Conservation of momentum and energy problem-Two particles conected by string

[Tanya Sharma]

Homework Statement

Two particles A and B each of mass m are attached by a light inextensible string of length 2l .The whole system lies on a smooth horizontal table with B initially at a distance l from A.The particle at end B is projected across the table with speed u perpendicular to AB.Find the velocity of ball A just after the jerk ?

Homework Equations

The Attempt at a Solution

The particle at A feels jerk when the string becomes taut.When this happens the angle θ wiill be 30° .

V=velocity of A after the jerk
$u_x$ = x component of velocity of B after the jerk
$u_y$ = y component of velocity of B after the jerk

Using conservation of momentum in y direction we have $u_y$=vsin30° =v/2

Using conservation of momentum in x direction we have mu = mvcos30°+m$u_x$

Applying conservation of energy we have

$\frac{1}{2}mu^2 = \frac{1}{2}mv^2+\frac{1}{2}m{u_x}^2+\frac{1}{2}m{u_y}^2$

Putting the values of $u_x$ and $u_y$ in the above equation and solving
we get v=$\frac{\sqrt{3}}{2}u$

This is not the correct answer ...Please guide me where am i getting it wrong .

 

[tiny-tim]

Hi Tanya!

Applying conservation of energy we have …

This is a collision.

Energy is never conserved in a collision unless the question says so!

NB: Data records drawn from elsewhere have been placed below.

-- ===== src/Chat/Blocks.antt =====
-- `recalculateBlocks` of src/core/chatmessagemodel.cpp: which rows begin and end a block of messages
-- of one sender.
use neo_nect_desktop.Base.{
  Bool, true, false, ◌&&◌, ◌||◌, not, arith, List, [], ◌∷◌, Option, none, some, ◌≡◌, refl, ap, pos,
  ◌-ℤ◌, ltb_ℤ, length, ◌∙◌, sym, suc, ap₂,
}
use neo_nect_desktop.Base.Text.{◌==◌, eq_iff}
use neo_nect_desktop.Chat.Item.{MessageItem}

-- The loop's first condition, on the row before, and its second one, on the row after.
abbrev pub joins_before : Option MessageItem → MessageItem → Bool
joins_before none x = false
joins_before (some previous) x =
    previous.sender_name == x.sender_name && ltb_ℤ (x.timestamp -ℤ previous.timestamp) (pos 300000)

abbrev pub joins_after : MessageItem → List MessageItem → Bool
joins_after x [] = false
joins_after x (following ∷ rest) =
    following.sender_name == x.sender_name
    && ltb_ℤ (following.timestamp -ℤ x.timestamp) (pos 300000)

abbrev pub mark : Bool → Bool → MessageItem → MessageItem
mark first last x = record x { is_first_in_block = first; is_last_in_block = last }

-- The loop, with the row before the rest.
unfoldable pub recalculate_from : Option MessageItem → List MessageItem → List MessageItem
recalculate_from before [] = []
recalculate_from before (x ∷ xs) =
    mark (not (joins_before before x)) (not (joins_after x xs)) x ∷ recalculate_from (some x) xs

unfoldable pub recalculate_blocks : List MessageItem → List MessageItem
unfolding recalculate_from
recalculate_blocks = recalculate_from none

pub length-recalculate_from :
    (p : Option MessageItem) (xs : List MessageItem) → length (recalculate_from p xs) ≡ length xs
unfolding recalculate_from
length-recalculate_from p [] = refl
length-recalculate_from p (x ∷ xs) = ap suc (length-recalculate_from (some x) xs)

-- Along the rows a block ends where the next one begins, and the last row ends one.
abbrev pub IsPartition : Bool → List MessageItem → Type 0
IsPartition ended [] = ended ≡ true
IsPartition ended (x ∷ xs) = (x.is_first_in_block ≡ ended) × IsPartition x.is_last_in_block xs

-- The two marks of a row and the joins say the same.
abbrev pub AreBlocks : Option MessageItem → List MessageItem → Type 0
AreBlocks before [] = Unit {0}
AreBlocks before (x ∷ xs) =
    (x.is_first_in_block ≡ not (joins_before before x))
    × (x.is_last_in_block ≡ not (joins_after x xs))
    × AreBlocks (some x) xs

joins_before-mark :
    (p : Option MessageItem) (f l : Bool) (x : MessageItem)
    → joins_before p (mark f l x) ≡ joins_before p x
joins_before-mark none f l x = refl
joins_before-mark (some p) f l x = refl

joins_after-recalculate_from :
    (f l : Bool) (x : MessageItem) (xs : List MessageItem)
    → joins_after (mark f l x) (recalculate_from (some x) xs) ≡ joins_after x xs
unfolding recalculate_from
joins_after-recalculate_from f l x [] = refl
joins_after-recalculate_from f l x (y ∷ ys) = refl

recalculate_from-AreBlocks :
    (p q : Option MessageItem) (xs : List MessageItem)
    → ((y : MessageItem) → joins_before p y ≡ joins_before q y)
    → AreBlocks q (recalculate_from p xs)
unfolding recalculate_from
recalculate_from-AreBlocks p q [] same = tt
recalculate_from-AreBlocks p q (x ∷ xs) same =
    let f = not (joins_before p x) in
    let l = not (joins_after x xs) in
    (
      ap not (same x ∙ sym (joins_before-mark q f l x)),
      ap not (sym (joins_after-recalculate_from f l x xs)),
      recalculate_from-AreBlocks (some x) (some (mark f l x)) xs (λ y. refl),
    )

-- Between two rows a block ends: another sender, or five minutes at least.
abbrev pub are_apart : MessageItem → MessageItem → Bool
are_apart a b =
    not (a.sender_name == b.sender_name) || not (ltb_ℤ (b.timestamp -ℤ a.timestamp) (pos 300000))

abbrev pub begins_after : Option MessageItem → MessageItem → Bool
begins_after none x = true
begins_after (some p) x = are_apart p x

abbrev pub ends_before : MessageItem → List MessageItem → Bool
ends_before x [] = true
ends_before x (y ∷ ys) = are_apart x y

-- Each row begins and ends a block exactly as the rows beside it are apart from it.
abbrev pub AreDivided : Option MessageItem → List MessageItem → Type 0
AreDivided before [] = Unit {0}
AreDivided before (x ∷ xs) =
    (x.is_first_in_block ≡ begins_after before x)
    × (x.is_last_in_block ≡ ends_before x xs)
    × AreDivided (some x) xs

joins_before-apart :
    (before : Option MessageItem) (x : MessageItem)
    → not (joins_before before x) ≡ begins_after before x
joins_before-apart none x = refl
joins_before-apart (some p) x = ground arith

joins_after-apart :
    (x : MessageItem) (xs : List MessageItem) → not (joins_after x xs) ≡ ends_before x xs
joins_after-apart x [] = refl
joins_after-apart x (y ∷ ys) =
    ground (arith, eq_iff x.sender_name y.sender_name, eq_iff y.sender_name x.sender_name)

AreBlocks-AreDivided :
    (before : Option MessageItem) (xs : List MessageItem)
    → AreBlocks before xs
    → AreDivided before xs
AreBlocks-AreDivided before [] b = tt
AreBlocks-AreDivided before (x ∷ xs) b = (
  b.0 ∙ joins_before-apart before x,
  b.1 ∙ joins_after-apart x xs,
  AreBlocks-AreDivided (some x) xs b.2,
)

AreDivided-IsPartition :
    (before : Option MessageItem) (ended : Bool) (xs : List MessageItem)
    → ((x : MessageItem) (ys : List MessageItem) → xs ≡ x ∷ ys → ended ≡ begins_after before x)
    → (xs ≡ [] → ended ≡ true)
    → AreDivided before xs
    → IsPartition ended xs
AreDivided-IsPartition before ended [] h k d = k refl
AreDivided-IsPartition before ended (x ∷ xs) h k d = (
  d.0 ∙ sym (h x xs refl),
  AreDivided-IsPartition (some x) x.is_last_in_block xs (λ y ys same. d.1 ∙ ap (ends_before x) same)
      (λ same. d.1 ∙ ap (ends_before x) same) d.2,
)

recalculate_blocks-AreBlocks : (xs : List MessageItem) → AreBlocks none (recalculate_blocks xs)
unfolding recalculate_blocks
recalculate_blocks-AreBlocks xs = recalculate_from-AreBlocks none none xs (λ y. refl)

-- After `recalculateBlocks` a row begins a block exactly if it is the first one, or of another sender
-- than the row before it, or five minutes later at least; it ends one exactly if it is the last one, or
-- the row after it is of another sender or five minutes later at least; and the blocks part the rows:
-- each begins where the one before it ended, and the last row ends one.
pub recalculate_blocks-AreDivided :
    (xs : List MessageItem)
    → AreDivided none (recalculate_blocks xs) × IsPartition true (recalculate_blocks xs)
recalculate_blocks-AreDivided xs =
    let d = AreBlocks-AreDivided none (recalculate_blocks xs) (recalculate_blocks-AreBlocks xs) in
    (d, AreDivided-IsPartition none true (recalculate_blocks xs) (λ x ys e. refl) (λ e. refl) d)

-- Rows whose marks say the joins already are left as they are.
pub recalculate_from_of_AreBlocks :
    (p : Option MessageItem) (xs : List MessageItem) → AreBlocks p xs → recalculate_from p xs ≡ xs
unfolding recalculate_from
recalculate_from_of_AreBlocks p [] b = refl
recalculate_from_of_AreBlocks p (x ∷ xs) b =
    ap₂ ◌∷◌ (λ i. mark (sym b.0 i) (sym b.1 i) x) (recalculate_from_of_AreBlocks (some x) xs b.2)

Hint: you obviously need some other equation … in which direction do you think A will move? ​

 

[Tanya Sharma]

Hello Sir...thanks for the response ...but this is not a collision
B is given a velocity horizontal as given in the diagram...b will move
along with the string and when the string becomes taut, then particle A
will feel a jerk ...This velocity of A is what we have to find ...since no external forces
act hence we can conserve the momentum ...Since there are no dissipative
forces hence we are conserving the energy .

 

[tiny-tim]

Hi Tanya!

… this is not a collision
…
Since there are no dissipative forces hence we are conserving the energy .

Yes it is, and no we're not!

Energy is usually only conserved in smooth processes. This is a jerk.

For example, a block sliding down a ramp onto the ground may have energy conservation if the ramp curves to meet the ground smoothly, but not if there's an angle.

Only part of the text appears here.